There is material below. Print exactly the lines starting at the line with "active_sessions = Dict.insert" and ending at the line with "remove_all active [] = active", ends included, and no others.
----------------------------------------
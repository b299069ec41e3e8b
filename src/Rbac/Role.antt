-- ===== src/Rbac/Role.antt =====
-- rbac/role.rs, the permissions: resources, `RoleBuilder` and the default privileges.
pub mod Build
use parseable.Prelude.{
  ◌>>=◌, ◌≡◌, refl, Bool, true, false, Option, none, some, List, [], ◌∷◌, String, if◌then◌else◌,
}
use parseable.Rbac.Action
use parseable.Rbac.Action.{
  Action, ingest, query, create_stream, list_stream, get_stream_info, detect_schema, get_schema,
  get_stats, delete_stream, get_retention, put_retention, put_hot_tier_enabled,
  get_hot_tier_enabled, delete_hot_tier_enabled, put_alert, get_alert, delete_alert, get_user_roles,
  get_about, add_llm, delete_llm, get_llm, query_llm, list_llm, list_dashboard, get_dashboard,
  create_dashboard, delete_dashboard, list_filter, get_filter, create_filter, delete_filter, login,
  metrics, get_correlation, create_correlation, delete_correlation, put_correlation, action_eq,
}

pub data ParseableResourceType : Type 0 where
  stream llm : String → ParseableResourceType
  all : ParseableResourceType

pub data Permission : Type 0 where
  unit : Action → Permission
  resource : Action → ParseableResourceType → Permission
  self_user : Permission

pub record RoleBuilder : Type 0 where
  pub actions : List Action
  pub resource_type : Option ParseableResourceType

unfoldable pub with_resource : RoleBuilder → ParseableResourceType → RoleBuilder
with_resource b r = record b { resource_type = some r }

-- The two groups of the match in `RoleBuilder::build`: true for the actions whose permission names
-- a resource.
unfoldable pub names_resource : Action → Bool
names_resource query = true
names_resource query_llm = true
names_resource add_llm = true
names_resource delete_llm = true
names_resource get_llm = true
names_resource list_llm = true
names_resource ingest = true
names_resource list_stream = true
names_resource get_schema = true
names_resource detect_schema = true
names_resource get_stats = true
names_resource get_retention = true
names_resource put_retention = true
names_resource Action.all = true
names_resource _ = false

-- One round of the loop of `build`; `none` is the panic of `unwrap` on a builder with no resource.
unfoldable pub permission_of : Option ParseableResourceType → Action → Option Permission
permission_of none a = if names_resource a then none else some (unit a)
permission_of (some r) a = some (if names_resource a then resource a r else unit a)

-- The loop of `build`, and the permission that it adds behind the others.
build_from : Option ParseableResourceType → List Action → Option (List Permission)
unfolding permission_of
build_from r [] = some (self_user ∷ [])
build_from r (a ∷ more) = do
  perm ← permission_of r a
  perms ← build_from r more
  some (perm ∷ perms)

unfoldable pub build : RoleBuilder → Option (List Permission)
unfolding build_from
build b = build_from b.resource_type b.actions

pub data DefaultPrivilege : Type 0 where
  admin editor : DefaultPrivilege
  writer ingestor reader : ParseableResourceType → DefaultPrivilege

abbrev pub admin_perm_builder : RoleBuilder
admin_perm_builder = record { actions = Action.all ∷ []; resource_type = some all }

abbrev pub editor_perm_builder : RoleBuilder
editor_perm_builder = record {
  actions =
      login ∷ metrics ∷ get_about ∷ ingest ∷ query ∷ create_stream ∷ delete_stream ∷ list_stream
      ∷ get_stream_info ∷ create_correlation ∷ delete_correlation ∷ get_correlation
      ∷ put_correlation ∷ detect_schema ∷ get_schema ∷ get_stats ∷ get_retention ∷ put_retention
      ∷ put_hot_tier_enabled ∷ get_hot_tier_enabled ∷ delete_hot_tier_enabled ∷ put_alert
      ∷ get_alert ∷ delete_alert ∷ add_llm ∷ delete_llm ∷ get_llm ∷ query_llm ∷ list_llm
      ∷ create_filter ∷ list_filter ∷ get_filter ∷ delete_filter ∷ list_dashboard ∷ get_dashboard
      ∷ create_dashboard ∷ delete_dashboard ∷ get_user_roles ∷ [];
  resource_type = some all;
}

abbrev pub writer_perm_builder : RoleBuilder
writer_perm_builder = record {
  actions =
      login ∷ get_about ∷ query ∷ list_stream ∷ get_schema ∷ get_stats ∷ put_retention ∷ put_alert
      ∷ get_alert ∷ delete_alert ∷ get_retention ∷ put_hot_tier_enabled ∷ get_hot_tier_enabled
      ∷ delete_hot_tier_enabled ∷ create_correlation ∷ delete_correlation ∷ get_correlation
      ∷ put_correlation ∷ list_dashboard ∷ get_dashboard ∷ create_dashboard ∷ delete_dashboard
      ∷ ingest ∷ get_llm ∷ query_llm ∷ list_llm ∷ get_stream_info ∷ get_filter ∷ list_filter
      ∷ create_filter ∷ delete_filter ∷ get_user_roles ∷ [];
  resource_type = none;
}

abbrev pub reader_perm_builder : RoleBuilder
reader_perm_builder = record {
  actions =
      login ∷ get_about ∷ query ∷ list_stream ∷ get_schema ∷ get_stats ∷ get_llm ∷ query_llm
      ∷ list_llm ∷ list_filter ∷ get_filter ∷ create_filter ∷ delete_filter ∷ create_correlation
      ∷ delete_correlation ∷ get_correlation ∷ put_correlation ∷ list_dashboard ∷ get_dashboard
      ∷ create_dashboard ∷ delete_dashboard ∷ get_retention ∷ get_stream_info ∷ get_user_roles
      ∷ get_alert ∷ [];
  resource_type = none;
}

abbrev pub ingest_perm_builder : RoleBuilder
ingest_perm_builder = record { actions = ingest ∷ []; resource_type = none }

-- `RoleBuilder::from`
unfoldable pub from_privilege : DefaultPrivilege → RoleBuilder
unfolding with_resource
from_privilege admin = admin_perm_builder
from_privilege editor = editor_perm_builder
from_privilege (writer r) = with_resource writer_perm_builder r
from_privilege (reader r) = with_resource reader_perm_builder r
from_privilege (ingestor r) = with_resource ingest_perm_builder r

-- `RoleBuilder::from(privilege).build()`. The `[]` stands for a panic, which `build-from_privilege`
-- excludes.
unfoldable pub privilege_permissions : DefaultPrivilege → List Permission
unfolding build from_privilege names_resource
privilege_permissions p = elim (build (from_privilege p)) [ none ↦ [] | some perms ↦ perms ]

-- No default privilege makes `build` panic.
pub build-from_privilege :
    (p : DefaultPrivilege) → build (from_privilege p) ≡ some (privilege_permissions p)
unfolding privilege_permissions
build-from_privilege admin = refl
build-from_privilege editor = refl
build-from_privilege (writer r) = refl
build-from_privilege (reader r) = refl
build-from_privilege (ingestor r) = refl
----------------------------------------
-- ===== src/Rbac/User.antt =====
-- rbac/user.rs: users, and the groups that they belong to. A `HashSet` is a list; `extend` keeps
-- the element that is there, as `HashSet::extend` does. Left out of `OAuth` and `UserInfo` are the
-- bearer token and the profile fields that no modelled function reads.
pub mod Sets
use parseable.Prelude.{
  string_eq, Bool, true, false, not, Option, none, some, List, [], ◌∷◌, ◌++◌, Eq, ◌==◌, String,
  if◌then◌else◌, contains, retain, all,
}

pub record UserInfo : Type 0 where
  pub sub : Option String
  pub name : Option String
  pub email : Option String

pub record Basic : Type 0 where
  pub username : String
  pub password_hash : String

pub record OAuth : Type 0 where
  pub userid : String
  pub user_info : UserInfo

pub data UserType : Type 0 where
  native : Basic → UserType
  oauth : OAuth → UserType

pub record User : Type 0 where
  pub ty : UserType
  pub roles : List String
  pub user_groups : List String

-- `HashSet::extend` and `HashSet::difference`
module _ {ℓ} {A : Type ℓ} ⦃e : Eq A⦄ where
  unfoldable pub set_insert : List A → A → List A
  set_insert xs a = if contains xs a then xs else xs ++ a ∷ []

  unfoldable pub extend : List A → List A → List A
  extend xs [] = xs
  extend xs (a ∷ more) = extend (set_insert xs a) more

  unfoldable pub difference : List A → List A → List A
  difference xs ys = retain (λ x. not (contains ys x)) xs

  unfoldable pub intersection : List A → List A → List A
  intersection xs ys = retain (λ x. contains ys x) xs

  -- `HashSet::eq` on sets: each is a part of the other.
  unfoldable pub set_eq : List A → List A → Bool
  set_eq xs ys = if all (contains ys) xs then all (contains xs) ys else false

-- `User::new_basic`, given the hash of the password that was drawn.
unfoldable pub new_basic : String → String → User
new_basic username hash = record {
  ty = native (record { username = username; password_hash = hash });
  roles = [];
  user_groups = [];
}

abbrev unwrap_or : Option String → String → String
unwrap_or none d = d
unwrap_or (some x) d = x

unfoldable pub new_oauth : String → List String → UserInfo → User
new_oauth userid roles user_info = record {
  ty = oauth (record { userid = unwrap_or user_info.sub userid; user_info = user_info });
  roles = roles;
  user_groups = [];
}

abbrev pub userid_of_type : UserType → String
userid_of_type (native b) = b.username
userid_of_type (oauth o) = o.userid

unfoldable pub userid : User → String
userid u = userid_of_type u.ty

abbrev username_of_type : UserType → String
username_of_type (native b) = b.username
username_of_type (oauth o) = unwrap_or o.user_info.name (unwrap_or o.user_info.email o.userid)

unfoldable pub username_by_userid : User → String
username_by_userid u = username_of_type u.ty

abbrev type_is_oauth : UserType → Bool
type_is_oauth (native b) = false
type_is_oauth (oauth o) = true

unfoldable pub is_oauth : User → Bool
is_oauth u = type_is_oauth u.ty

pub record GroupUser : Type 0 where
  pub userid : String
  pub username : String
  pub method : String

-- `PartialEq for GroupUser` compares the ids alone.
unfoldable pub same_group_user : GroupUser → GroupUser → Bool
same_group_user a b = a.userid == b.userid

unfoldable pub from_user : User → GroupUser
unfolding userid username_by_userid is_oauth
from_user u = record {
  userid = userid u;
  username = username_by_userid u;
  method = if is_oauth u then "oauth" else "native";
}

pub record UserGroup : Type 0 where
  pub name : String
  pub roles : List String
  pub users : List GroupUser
----------------------------------------
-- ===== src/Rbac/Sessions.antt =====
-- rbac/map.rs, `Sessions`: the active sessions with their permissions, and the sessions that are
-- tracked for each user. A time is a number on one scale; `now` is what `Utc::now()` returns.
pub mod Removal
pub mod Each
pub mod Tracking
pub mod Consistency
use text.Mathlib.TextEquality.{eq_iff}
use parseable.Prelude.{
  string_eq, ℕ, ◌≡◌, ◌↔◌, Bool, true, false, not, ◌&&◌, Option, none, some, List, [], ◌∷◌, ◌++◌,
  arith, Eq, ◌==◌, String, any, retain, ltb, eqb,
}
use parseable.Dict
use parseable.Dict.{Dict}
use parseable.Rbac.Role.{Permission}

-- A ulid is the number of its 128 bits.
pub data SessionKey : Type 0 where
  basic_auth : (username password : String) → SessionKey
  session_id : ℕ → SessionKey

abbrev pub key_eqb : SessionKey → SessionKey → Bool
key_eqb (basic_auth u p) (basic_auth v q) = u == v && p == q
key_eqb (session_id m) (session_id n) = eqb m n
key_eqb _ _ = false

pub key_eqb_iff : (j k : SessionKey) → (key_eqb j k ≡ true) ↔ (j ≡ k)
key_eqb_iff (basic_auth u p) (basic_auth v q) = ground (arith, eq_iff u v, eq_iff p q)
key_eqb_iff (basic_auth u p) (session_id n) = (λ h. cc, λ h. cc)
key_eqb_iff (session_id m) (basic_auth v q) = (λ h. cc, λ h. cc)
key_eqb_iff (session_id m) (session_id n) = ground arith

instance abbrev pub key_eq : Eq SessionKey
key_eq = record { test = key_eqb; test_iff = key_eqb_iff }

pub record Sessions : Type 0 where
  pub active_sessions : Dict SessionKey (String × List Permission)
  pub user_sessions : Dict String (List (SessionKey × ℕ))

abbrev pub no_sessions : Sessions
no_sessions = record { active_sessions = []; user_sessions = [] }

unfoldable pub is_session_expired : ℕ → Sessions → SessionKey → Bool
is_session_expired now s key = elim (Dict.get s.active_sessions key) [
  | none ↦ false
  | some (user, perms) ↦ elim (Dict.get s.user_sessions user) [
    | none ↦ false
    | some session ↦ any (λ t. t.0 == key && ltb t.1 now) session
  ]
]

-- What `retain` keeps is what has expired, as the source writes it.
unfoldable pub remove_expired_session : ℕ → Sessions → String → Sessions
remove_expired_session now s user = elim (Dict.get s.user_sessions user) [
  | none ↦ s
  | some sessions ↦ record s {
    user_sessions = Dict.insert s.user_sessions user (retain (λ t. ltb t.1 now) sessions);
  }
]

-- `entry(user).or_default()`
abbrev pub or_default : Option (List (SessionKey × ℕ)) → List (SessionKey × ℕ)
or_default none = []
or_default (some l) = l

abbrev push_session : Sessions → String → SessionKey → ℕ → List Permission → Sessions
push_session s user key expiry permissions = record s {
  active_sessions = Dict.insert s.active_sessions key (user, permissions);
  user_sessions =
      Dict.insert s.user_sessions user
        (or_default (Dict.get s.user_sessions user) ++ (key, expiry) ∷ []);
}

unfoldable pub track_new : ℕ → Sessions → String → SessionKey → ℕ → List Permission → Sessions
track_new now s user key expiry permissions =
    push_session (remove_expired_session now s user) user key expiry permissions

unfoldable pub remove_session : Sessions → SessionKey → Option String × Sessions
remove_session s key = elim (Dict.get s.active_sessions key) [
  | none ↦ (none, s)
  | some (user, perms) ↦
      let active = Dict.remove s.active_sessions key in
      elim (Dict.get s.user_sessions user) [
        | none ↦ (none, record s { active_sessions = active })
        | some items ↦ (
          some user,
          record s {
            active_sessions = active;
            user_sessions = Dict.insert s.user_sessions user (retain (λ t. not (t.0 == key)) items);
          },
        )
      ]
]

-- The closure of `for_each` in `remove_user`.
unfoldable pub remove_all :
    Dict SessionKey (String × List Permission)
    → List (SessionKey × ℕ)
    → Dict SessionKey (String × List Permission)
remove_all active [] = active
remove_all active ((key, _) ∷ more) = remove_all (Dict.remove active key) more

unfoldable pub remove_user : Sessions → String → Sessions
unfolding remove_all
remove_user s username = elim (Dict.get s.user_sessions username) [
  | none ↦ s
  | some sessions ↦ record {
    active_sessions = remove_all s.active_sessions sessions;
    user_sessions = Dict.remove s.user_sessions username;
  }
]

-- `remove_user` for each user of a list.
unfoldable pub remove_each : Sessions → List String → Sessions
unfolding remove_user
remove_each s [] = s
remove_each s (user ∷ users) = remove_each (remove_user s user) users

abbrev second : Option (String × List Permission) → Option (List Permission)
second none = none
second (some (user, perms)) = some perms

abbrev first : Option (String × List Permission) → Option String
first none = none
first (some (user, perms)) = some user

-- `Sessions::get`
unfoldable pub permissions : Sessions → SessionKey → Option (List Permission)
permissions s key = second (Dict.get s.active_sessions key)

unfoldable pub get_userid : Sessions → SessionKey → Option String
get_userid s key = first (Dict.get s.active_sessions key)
----------------------------------------
#### [Task solution]
  active_sessions = Dict.insert s.active_sessions key (user, permissions);
  user_sessions =
      Dict.insert s.user_sessions user
        (or_default (Dict.get s.user_sessions user) ++ (key, expiry) ∷ []);
}

unfoldable pub track_new : ℕ → Sessions → String → SessionKey → ℕ → List Permission → Sessions
track_new now s user key expiry permissions =
    push_session (remove_expired_session now s user) user key expiry permissions

unfoldable pub remove_session : Sessions → SessionKey → Option String × Sessions
remove_session s key = elim (Dict.get s.active_sessions key) [
  | none ↦ (none, s)
  | some (user, perms) ↦
      let active = Dict.remove s.active_sessions key in
      elim (Dict.get s.user_sessions user) [
        | none ↦ (none, record s { active_sessions = active })
        | some items ↦ (
          some user,
          record s {
            active_sessions = active;
            user_sessions = Dict.insert s.user_sessions user (retain (λ t. not (t.0 == key)) items);
          },
        )
      ]
]

-- The closure of `for_each` in `remove_user`.
unfoldable pub remove_all :
    Dict SessionKey (String × List Permission)
    → List (SessionKey × ℕ)
    → Dict SessionKey (String × List Permission)
remove_all active [] = active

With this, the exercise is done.